# Scientists have estimated how many ants there are on Earth. Clue: It’s a lot



## Robert59 (Sep 20, 2022)

Ants are tiny in size but not in number. There are about 20 quadrillion ants on the Earth at any given time, a new study has estimated. That’s 20,000 trillion individuals.

The estimate is two to 20 times higher than previous ones, according to the study, published in the journal Proceedings of the National Academy of Sciences on Monday.

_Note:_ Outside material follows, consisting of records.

-- ===== src/Editor/InRange.antt =====
-- The indices that `RewriteConstant` of editor.go reads.
use ebpfmanager.Common.{
  ℕ, ◌≡◌, ◌≢◌, refl, ◌∙◌, ap, sym, Bool, true, false, String, List, [], ◌∷◌, none, some, All, ◌==◌,
  get_elem?, set, arith, get_elem?-set, Bool-cases, Option-cases, inl, inr,
}
use ebpfmanager.Editor.{
  Instruction, Instructions, Edited, done, failed, panic, ConstantEditor, Value, uint64, other_type,
  surface, write, rewrite_loads, rewrite_indices, rewrite_constant, edit_value, edit_constant,
}
use ebpfmanager.Editor.Rewrite.{OffsetLaw, All-of-any, opt_refers}

abbrev IsInside : Instructions → ℕ → Type 0
IsInside insns i = get_elem? insns i ≢ none

-- Writing an instruction leaves the other indices inside.
IsInside-set :
    (insns : Instructions) (i : ℕ) (v load : Instruction) (is : List ℕ)
    → get_elem? insns i ≡ some load
    → All (IsInside insns) is
    → All (IsInside (set insns i v)) is
IsInside-set insns i v load [] h k = tt
IsInside-set insns i v load (j ∷ is) h k = (
  λ e. elim (Bool-cases (i == j)) [
    | inl b ↦
        let z : some v ≡ none = sym (get_elem?-set insns i j v h ∙ rw b refl) ∙ e in absurd (cc)
    | inr b ↦ k.0 (sym (get_elem?-set insns i j v h ∙ rw b refl) ∙ e)
  ],
  IsInside-set insns i v load is h k.1,
)

abbrev Stays : Edited → Type 0
Stays r = (out : Instructions) → r ≢ panic out

module _ (ld_dw_imm : ℕ) where
  rewrite_loads-Stays :
      (symbol : String) (value : ℕ) (is : List ℕ) (insns : Instructions)
      → All (IsInside insns) is
      → Stays (rewrite_loads ld_dw_imm symbol value is insns)
  unfolding rewrite_loads
  rewrite_loads-Stays symbol value [] insns h out = λ e. cc
  rewrite_loads-Stays symbol value (i ∷ is) insns h out = elim (Option-cases (get_elem? insns i)) [
    | inl e ↦ absurd (h.0 e)
    | inr (load, e) ↦ elim (Bool-cases (load.op_code == ld_dw_imm)) [
      | inl b ↦
          rw (rewrite_loads, e, b)
            (rewrite_loads-Stays symbol value is (set insns i (write value load))
              (IsInside-set insns i (write value load) load is e h.1) out)
      | inr b ↦ rw (rewrite_loads, e, b) (λ z. cc)
    ]
  ]

  indices-Stays :
      (symbol : String) (value : ℕ) (is : List ℕ) (insns : Instructions)
      → All (IsInside insns) is
      → Stays (rewrite_indices ld_dw_imm symbol value is insns)
  unfolding rewrite_indices
  indices-Stays symbol value [] insns h out = λ e. cc
  indices-Stays symbol value (i ∷ is) insns h out =
      rewrite_loads-Stays symbol value (i ∷ is) insns h out

surface-Stays : (b : Bool) (r : Edited) → Stays r → Stays (surface b r)
unfolding surface
surface-Stays b (done insns) h out = λ e. cc
surface-Stays b (failed x insns) h out = λ e. ground (arith, e)
surface-Stays b (panic insns) h out = absurd (h insns refl)

module _ (ld_dw_imm : ℕ) (offsets : Instructions → String → List ℕ) (law : OffsetLaw offsets) where
  value-Stays :
      (e : ConstantEditor) (v : Value) (insns : Instructions)
      → Stays (edit_value ld_dw_imm offsets e v insns)
  unfolding edit_value rewrite_constant
  value-Stays e other_type insns out = λ z. cc
  value-Stays e (uint64 v) insns out =
      surface-Stays e.fail_on_missing _
        (indices-Stays ld_dw_imm e.name v (offsets insns e.name) insns (
          All-of-any _ _ λ j m z.
            let a : false ≡ true = ap (opt_refers e.name) (sym z) ∙ sym (law insns e.name j) ∙ m in
            absurd (cc)))
        out

  pub edit_constant-in_range :
      (e : ConstantEditor) (insns out : Instructions)
      → edit_constant ld_dw_imm offsets e insns ≢ panic out
  unfolding edit_constant
  edit_constant-in_range e insns out = value-Stays e e.value insns out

https://www.cnn.com/2022/09/20/world/ants-twenty-quadrillion-earth-intl-scli-scn/index.html


----------



## C50 (Sep 21, 2022)

I have been saying for years that eventually insects will take over the earth, just wait and see!


----------



## Alligatorob (Sep 21, 2022)

Always liked ants, so long as they steel clear of my indoors...


Robert59 said:


> There are about 20 quadrillion ants on the Earth


That's a lot!  My favorite ant story:


----------



## Bella (Sep 21, 2022)

There are enough ants that I don't feel bad about zapping them when they try to invade my abode. And they do try! I use food grade diatomaceous earth sprayed around the perimeter of my home to 86 them. It works very well to keep the ants at bay without harming any animals or birds that might come into contact with it.


----------



## ohioboy (Sep 21, 2022)

The Ant and the Elephant

A feeble ant was in distress.
For it was stuck between two stones.
It tried to wiggle and waggle,
How long, only Heaven knows.

The ant knew his time as up, when along
Crawled a creepy giant spider.
Suddenly an Elephant charged
With good luck as its faithful rider!

His mighty hoof crushed the spider
And then it pushed the stones apart.
It sounded its trunk in victory,
And it won over the ants heart.

The ant then took the elephant
To a hidden grove of berries.
It bowed down then in prayer
And thanked the ant on its knees.

The moral of the story is,
Be you big or be you small,
We all need a kind caring friend ---
Quite simply put my friend, that's all!


----------



## David777 (Sep 21, 2022)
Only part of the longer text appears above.